The following is a shortened example TableSchema object from the sentinel cages (sampling information) example. We can think of TableSchema as a class which has column attributes.

slots:
  Cage.Number:
    description:    A unique identifier for each cage which links back to station information. Not necessarily a number.
    any_of:
      - range:      integer
      - range:      string
    is_a:           column_descriptive
    exact_mappings: saved:cage_id
    implements:     linkml:elements
    required:       true

  Deployment.date:
    description:    Date cage was stocked with fish
    range:          string
    is_a:           column_descriptive
    exact_mappings:
      - saved:date
      - saved:deployment_date
    implements:     linkml:elements
    required:       true

  Fish.Weight.g:
    description:    Weight of fish expressed in grams
    range:          float
    is_a:           column_collected
    exact_mappings: saved:fish_mass
    implements:     linkml:elements
    required:       false

  TOTAL:
    description:    Total number of lice on the fish
    range:          integer
    is_a:           column_collected
    exact_mappings: saved:lice_af_total
    implements:     linkml:elements
    required:       false

classes:
  TableSchema:
    implements:
      - linkml:TwoDimensionalArray
      - linkml:ColumnOrderedArray
    slots:
      - Deployment.date
      - Sampling.Note
      - Fish.Weight.g
      - TOTAL

Slots are declared in their own section at the top level of the YAML schema file, and then referenced in the table schema class object. This is because the LinkML schema files support a notion of slot reuse: by declaring them in this slots section, they are available to multiple classes in the same LinkML schema file (for instance, if we had another class, called TableSchemaAlt), as well as to other schema files (either a link to the URI of the slot object, or by importing the schema file to access its objects directly).

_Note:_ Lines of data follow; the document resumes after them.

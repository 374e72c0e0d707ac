-- ===== src/Workspaces/Preparing.antt =====
-- The effects of the preparation of a workspace.
use oh_my_github_runner.Prelude.{
  ◌≡◌, refl, sym, ap, ◌∙◌, subst, Option, none, some, List, [], ◌∷◌, ◌++◌, append_assoc, ◌==◌,
  codes, by_test,
}
use oh_my_github_runner.Prelude.Action.{Result, ok, err, after, Action}
use oh_my_github_runner.Task.{TaskRecord, RepoRef}
use oh_my_github_runner.Commands.{Text}
use oh_my_github_runner.Tools.{RunProcessResult}
use oh_my_github_runner.Workspaces.{
  Effect, access, make_dir, remove, run, GitWorkspaceManagerOptions, Host, git, perform,
  get_mirror_path, get_workspace_path, get_repo_url, build_auth_args, unless_failed, run_git,
  git_only, inside, fetch_args, mirror_args, ensure_mirror, clone_workspace, fetch_in,
  checkout_args, checkout_observe_ref, prepare_observe_workspace, prepare_mutate_workspace,
  prepare_pr_implement_workspace,
}

-- The effects were those of the plan, all if there is a result, and otherwise the first ones.
abbrev pub Followed : {A : Type 0} → List Effect → List Effect → Result A × List Effect → Type 0
Followed plan s (ok _, s') = s' ≡ s ++ plan
Followed plan s (err _, s') =
    (made : List Effect) × (left : List Effect) × (s' ≡ s ++ made) × (made ++ left ≡ plan)

later-Followed :
    {A : Type 0} (p q s : List Effect) (r : Result A × List Effect)
    → Followed q (s ++ p) r
    → Followed (p ++ q) s r
later-Followed p q s (ok _, s') k = k ∙ append_assoc s p q
later-Followed p q s (err _, s') (made, left, k, l) =
    (p ++ made, left, k ∙ append_assoc s p made, append_assoc p made left ∙ ap (λ t. p ++ t) l)

after-Followed :
    {A B : Type 0} (p q s : List Effect) (r : Result A × List Effect)
    (f : A → Action (List Effect) B)
    → Followed p s r
    → ((a : A) → Followed q (s ++ p) (f a (s ++ p)))
    → Followed (p ++ q) s (after r f)
after-Followed p q s (err e, s') f (made, left, h, k) g =
    (made, left ++ q, h, sym (append_assoc made left q) ∙ ap (λ t. t ++ q) k)
after-Followed p q s (ok a, s') f h g =
    subst (λ t. Followed (p ++ q) s (f a t)) (sym h) (later-Followed p q s (f a (s ++ p)) (g a))

pub nothing-Followed : (s : List Effect) → s ≡ s ++ []
nothing-Followed [] = refl
nothing-Followed (e ∷ s) = ap (λ t. e ∷ t) (nothing-Followed s)

answered-Followed :
    {A : Type 0} (effect : Effect) (s : List Effect) (r : Result A)
    → Followed (effect ∷ []) s (r, s ++ effect ∷ [])
answered-Followed effect s (ok a) = refl
answered-Followed effect s (err e) = (effect ∷ [], [], refl, refl)

module _ (options : GitWorkspaceManagerOptions) (host : Host) where
  perform-Followed :
      (effect : Effect) (s : List Effect) → Followed (effect ∷ []) s (perform options host effect s)
  perform-Followed effect s = answered-Followed effect s (host.done (s ++ effect ∷ []))

  abbrev git_effect : List Text → Effect
  git_effect args = run (git options host) args

  git_only-Followed :
      (args : List Text) (s : List Effect)
      → Followed (git_effect args ∷ []) s (git_only options host args s)
  unfolding run_git
  git_only-Followed args s = ended (host.process (s ++ git_effect args ∷ []))
    where
      ended :
          (r : Result RunProcessResult)
          → Followed (git_effect args ∷ []) s (
              after
                (after {A = RunProcessResult}
                  (r, s ++ git_effect args ∷ [])
                  (unless_failed options host args))
                (λ _ s'. (ok tt, s')))
      ended (err e) = (git_effect args ∷ [], [], refl, refl)
      ended (ok result) =
          by_test
            (λ (r : Result RunProcessResult × List Effect).
              Followed {A = Unit {0}} (git_effect args ∷ []) s (after r (λ _ s'. (ok tt, s'))))
            (result.exit_code == 0) (λ _. refl) (λ _. (git_effect args ∷ [], [], refl, refl))

  abbrev pub mirror_command : List Effect → RepoRef → Option Text → List Text
  mirror_command s repo token =
      mirror_args options host
        (host.exists (
          (s ++ make_dir (host.dirname (get_mirror_path options host repo)) ∷ [])
          ++ access (get_mirror_path options host repo) ∷ []))
        token (get_repo_url options host repo) (get_mirror_path options host repo)

  -- Before the first command the path of the mirror is tested.
  abbrev pub mirror_plan : List Effect → RepoRef → Option Text → List Effect
  mirror_plan s repo token =
      make_dir (host.dirname (get_mirror_path options host repo))
      ∷ access (get_mirror_path options host repo)
      ∷ git_effect (mirror_command s repo token)
      ∷ []

  abbrev pub clone_plan : RepoRef → Text → List Effect
  clone_plan repo workspace_path =
      remove workspace_path
      ∷ make_dir (host.dirname workspace_path)
      ∷ git_effect (codes "clone" ∷ get_mirror_path options host repo ∷ workspace_path ∷ [])
      ∷ git_effect (
          inside options host workspace_path (
            codes "remote"
            ∷ codes "set-url"
            ∷ codes "origin"
            ∷ get_repo_url options host repo
            ∷ []))
      ∷ []

  ensure_mirror-Followed :
      (repo : RepoRef) (token : Option Text) (s : List Effect)
      → Followed (mirror_plan s repo token) s (
          ensure_mirror options host
            (get_repo_url options host repo)
            (get_mirror_path options host repo)
            token
            s)
  unfolding ensure_mirror
  ensure_mirror-Followed repo token s =
      after-Followed (_ ∷ []) (_ ∷ _ ∷ []) s _ _ (perform-Followed _ s) (λ _.
        later-Followed (_ ∷ []) (_ ∷ []) _ (git_only options host (mirror_command s repo token) _)
          (git_only-Followed (mirror_command s repo token) _))

  clone_workspace-Followed :
      (repo : RepoRef) (workspace_path : Text) (s : List Effect)
      → Followed (clone_plan repo workspace_path) s (
          clone_workspace options host
            (get_mirror_path options host repo)
            workspace_path
            (get_repo_url options host repo)
            s)
  unfolding clone_workspace
  clone_workspace-Followed repo workspace_path s =
      after-Followed (_ ∷ []) (_ ∷ _ ∷ _ ∷ []) s _ _ (perform-Followed _ s) (λ _.
        after-Followed (_ ∷ []) (_ ∷ _ ∷ []) _ _ _ (perform-Followed _ _) (λ _.
          after-Followed (_ ∷ []) (_ ∷ []) _ _ _ (git_only-Followed _ _)
            (λ _. git_only-Followed _ _)))

  abbrev pub branch_plan : RepoRef → Text → Option Text → Text → Text → List Effect
  branch_plan repo workspace_path token branch_name ref =
      clone_plan repo workspace_path
      ++ git_effect (build_auth_args options host token ++ fetch_args options host workspace_path)
        ∷ git_effect (checkout_args options host workspace_path branch_name ref)
        ∷ []

  abbrev pub ref_plan : Text → Option Text → Option Text → List Effect
  ref_plan workspace_path none token = []
  ref_plan workspace_path (some []) token = []
  ref_plan workspace_path (some (c ∷ cs)) token =
      git_effect (build_auth_args options host token ++ fetch_args options host workspace_path)
      ∷ git_effect (
          inside options host workspace_path
            (codes "checkout" ∷ codes "--detach" ∷ (codes "origin/" ++ c ∷ cs) ∷ []))
      ∷ []

  abbrev path_of : TaskRecord → Text
  path_of task = get_workspace_path options host task.task_id

  ref-Followed :
      (workspace_path : Text) (checkout_ref token : Option Text) (s : List Effect)
      → Followed
          (ref_plan workspace_path checkout_ref token)
          s
          (checkout_observe_ref options host workspace_path checkout_ref token s)
  unfolding checkout_observe_ref
  ref-Followed workspace_path none token s = nothing-Followed s
  ref-Followed workspace_path (some []) token s = nothing-Followed s
  ref-Followed workspace_path (some (c ∷ cs)) token s =
      after-Followed (_ ∷ []) (_ ∷ []) s _ _ (git_only-Followed _ s) (λ _. git_only-Followed _ _)

  branch-Followed :
      {A : Type 0} (repo : RepoRef) (workspace_path : Text) (token : Option Text)
      (branch_name ref : Text) (value : A) (s : List Effect)
      → Followed
          (mirror_plan s repo token ++ branch_plan repo workspace_path token branch_name ref)
          s
          (after
            (ensure_mirror options host
              (get_repo_url options host repo)
              (get_mirror_path options host repo)
              token
              s)
            (λ _ s'.
              after
                (clone_workspace options host
                  (get_mirror_path options host repo)
                  workspace_path
                  (get_repo_url options host repo)
                  s')
                (λ _ s''. after (fetch_in options host workspace_path token s'') (λ _ s3.
                  after
                    (git_only options host
                      (checkout_args options host workspace_path branch_name ref)
                      s3)
                    (λ _ s4. (ok value, s4))))))
  branch-Followed repo workspace_path token branch_name ref value s =
      after-Followed (mirror_plan s repo token) _ s _ _ (ensure_mirror-Followed repo token s) (λ _.
        after-Followed (clone_plan repo workspace_path) (_ ∷ _ ∷ []) _ _ _
          (clone_workspace-Followed repo workspace_path _)
          (λ _. after-Followed (_ ∷ []) (_ ∷ []) _ _ _ (git_only-Followed _ _) (λ _.
            after-Followed (_ ∷ []) [] _ _ _ (git_only-Followed _ _) (λ _. nothing-Followed _))))

  -- The effects of the three preparations, whatever the host answers. If the preparation returns a
  -- workspace, these are the effects, in order: the mirror is fetched if its path exists and cloned
  -- otherwise, the directory of the workspace is removed and cloned from the mirror, its remote is
  -- set, and, for a branch or a reference that is not empty, the remote is fetched and the checkout
  -- made. If it throws, the effects are the first ones of these. Only the commands that reach the
  -- remote carry the arguments with the token.
  pub prepare-Followed :
      (repo : RepoRef) (task : TaskRecord) (base_branch branch_name : Text)
      (checkout_ref token : Option Text) (s : List Effect)
      → Followed
          (mirror_plan s task.repo token
            ++ clone_plan task.repo (path_of task)
            ++ ref_plan (path_of task) checkout_ref token)
          s
          (prepare_observe_workspace options host task checkout_ref token s)
        × Followed
            (mirror_plan s repo token
              ++ branch_plan repo (path_of task) token branch_name base_branch)
            s
            (prepare_mutate_workspace options host repo task base_branch branch_name token s)
        × Followed
            (mirror_plan s repo token
              ++ branch_plan repo (path_of task) token branch_name branch_name)
            s
            (prepare_pr_implement_workspace options host repo task branch_name token s)
  unfolding prepare_observe_workspace prepare_mutate_workspace prepare_pr_implement_workspace
  prepare-Followed repo task base_branch branch_name checkout_ref token s = (
    subst (λ p. Followed p s (prepare_observe_workspace options host task checkout_ref token s))
        (ap (λ q. mirror_plan s task.repo token ++ clone_plan task.repo (path_of task) ++ q)
          (sym (nothing-Followed (ref_plan (path_of task) checkout_ref token))))
        (after-Followed (mirror_plan s task.repo token) _ s _ _
          (ensure_mirror-Followed task.repo token s)
          (λ _.
            after-Followed (clone_plan task.repo (path_of task)) _ _ _ _
              (clone_workspace-Followed task.repo (path_of task) _)
              (λ _.
                after-Followed (ref_plan (path_of task) checkout_ref token) [] _ _ _
                  (ref-Followed (path_of task) checkout_ref token _) (λ _. nothing-Followed _)))),
    branch-Followed repo (path_of task) token branch_name base_branch _ s,
    branch-Followed repo (path_of task) token branch_name branch_name _ s,
  )
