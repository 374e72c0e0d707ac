-- ===== src/Workspaces/Orphans.antt =====
-- `cleanupOrphanWorkspaces`.
use oh_my_github_runner.Prelude.{
  ℕ, ◌+◌, ◌≡◌, refl, sym, ap, ◌∙◌, Bool, true, false, some, List, [], ◌∷◌, ◌++◌, append_assoc,
  if◌then◌else◌, any, arith, length, subst,
}
use oh_my_github_runner.Prelude.Action.{Result, ok, err, after, Action}
use oh_my_github_runner.Commands.{Text, same_text}
use oh_my_github_runner.Workspaces.{
  Effect, remove, read_dir, GitWorkspaceManagerOptions, Host, remove_orphans, orphans_of,
  cleanup_orphan_workspaces,
}
use oh_my_github_runner.Workspaces.Preparing.{nothing-Followed}

-- The removals of the plan were made, after `removed` others, and counted; or the first ones were.
abbrev pub Removed : ℕ → List Effect → List Effect → Result ℕ × List Effect → Type 0
Removed removed plan s (ok n, s') = (s' ≡ s ++ plan) × (n ≡ removed + length plan)
Removed removed plan s (err _, s') =
    (made : List Effect) × (left : List Effect) × (s' ≡ s ++ made) × (made ++ left ≡ plan)

module _ (options : GitWorkspaceManagerOptions) (host : Host) (active : List Text) where
  abbrev pub removal : Text → Effect
  removal entry = remove (host.join (options.workspaces_dir ∷ entry ∷ []))

  abbrev pub is_active : Text → Bool
  is_active entry = any (same_text entry) active

  abbrev pub removals : List Text → List Effect
  removals [] = []
  removals (entry ∷ entries) =
      if is_active entry then removals entries else removal entry ∷ removals entries

  more-Removed :
      (removed : ℕ) (effect : Effect) (plan s : List Effect) (r : Result ℕ × List Effect)
      → Removed (removed + 1) plan (s ++ effect ∷ []) r
      → Removed removed (effect ∷ plan) s r
  more-Removed removed effect plan s (ok n, s') (e, f) =
      (e ∙ append_assoc s (effect ∷ []) plan, omega (arith, f))
  more-Removed removed effect plan s (err _, s') (made, left, e, f) =
      (effect ∷ made, left, e ∙ append_assoc s (effect ∷ []) made, ap (λ t. effect ∷ t) f)

  remove_one :
      (removed : ℕ) (effect : Effect) (plan s : List Effect) (done : Result (Unit {0}))
      (f : Action (List Effect) ℕ)
      → Removed (removed + 1) plan (s ++ effect ∷ []) (f (s ++ effect ∷ []))
      → Removed removed (effect ∷ plan) s (after (done, s ++ effect ∷ []) (λ _. f))
  remove_one removed effect plan s (ok _) f h = more-Removed removed effect plan s _ h
  remove_one removed effect plan s (err e) f h = (effect ∷ [], plan, refl, refl)

  choice-Removed :
      (keep : Bool) (removed : ℕ) (plan plan' s : List Effect) (f g : Action (List Effect) ℕ)
      → Removed removed plan s (f s)
      → Removed removed plan' s (g s)
      → Removed removed (if keep then plan else plan') s ((if keep then f else g) s)
  choice-Removed true removed plan plan' s f g h k = h
  choice-Removed false removed plan plan' s f g h k = k

  remove_orphans-Removed :
      (entries : List Text) (removed : ℕ) (s : List Effect)
      → Removed removed (removals entries) s (remove_orphans options host active entries removed s)
  unfolding remove_orphans
  remove_orphans-Removed [] removed s = (nothing-Followed s, omega arith)
  remove_orphans-Removed (entry ∷ entries) removed s =
      choice-Removed (is_active entry) removed _ _ s _ _ (remove_orphans-Removed entries removed s)
        (remove_one removed (removal entry) (removals entries) s
          (host.done (s ++ removal entry ∷ []))
          (remove_orphans options host active entries (removed + 1))
          (remove_orphans-Removed entries (removed + 1) (s ++ removal entry ∷ [])))

  -- When the directory of the workspaces can be read, the cleanup removes, in the order of its
  -- entries, the directory of each entry that is no active task, and none of an active one, and
  -- returns how many these are. If a removal throws, those before it were made.
  pub cleanup-Removed :
      (entries : List Text) (s : List Effect)
      → host.entries (s ++ read_dir options.workspaces_dir ∷ []) ≡ ok (some entries)
      → Removed 0
          (removals entries)
          (s ++ read_dir options.workspaces_dir ∷ [])
          (cleanup_orphan_workspaces options host active s)
  unfolding cleanup_orphan_workspaces
  cleanup-Removed entries s e =
      subst
        (λ r.
          Removed 0 (removals entries) (s ++ read_dir options.workspaces_dir ∷ [])
            (after (r, s ++ read_dir options.workspaces_dir ∷ []) (orphans_of options host active)))
        (sym e) (remove_orphans-Removed entries 0 _)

For example, in this example schema, you will note that there is a slot not used in the TableSchema object (Cage.Number), and there is a slot referenced in the TableSchema object which is not declared in the slots section (Sampling.Note). The former is valid (the Cage.Number slot just won’t be included as an attribute of the TableSchema object), whereas the latter is invalid, because this slot does not (yet) exist.

A typical slot declaration has the following properties: - The top-level name of the slot, for example TOTAL. For the purposes of validation, this should be the exact label used in the data file which is to be validated against this schema file. - description: Free text description of the column, while not required, strongly advisable to be included - range: The underlying data type of the column. Valid base types are boolean, integer, float (or double), or string. This can be inadequate when the column is a mixture of text and numeric data, e.g. consider the Cage.Number example. In these cases, specify any_of with a list of range directives, as in the Cage.Number example above. - exact_mappings: Link/map columns to equivalents in the ontology/data model, or in other schema files. For example, the TOTAL column/slot above directly maps to values like saved:lice_af_total. There are further notions of mappings, since there are a number of situations in which there isn’t an exact mapping: you can use broad_mappings, narrow_mappings, close_mappings and related_mappings - implements: External slot definition which the column slot implements. We are validating these with LinkML, so at least semantically, it is important to include linkml:elements at minimum. If the slot implements any other slot definition, turn it into a list with linkml:elements and additional definitions as separate list elements. - required: Set as true/false depending on whether the data included have missing values. See the section “Dealing with missing data” in the troubleshooting/debugging section for more information on this and validation.

Further note the inclusion of the implements directive in the TableSchema class definition. Including this was based on LinkML’s documentation prior to version 1.7.0. They have since added support for arrays, so including this is not strictly necessary, especially given the suggested class URIs do not actually resolve.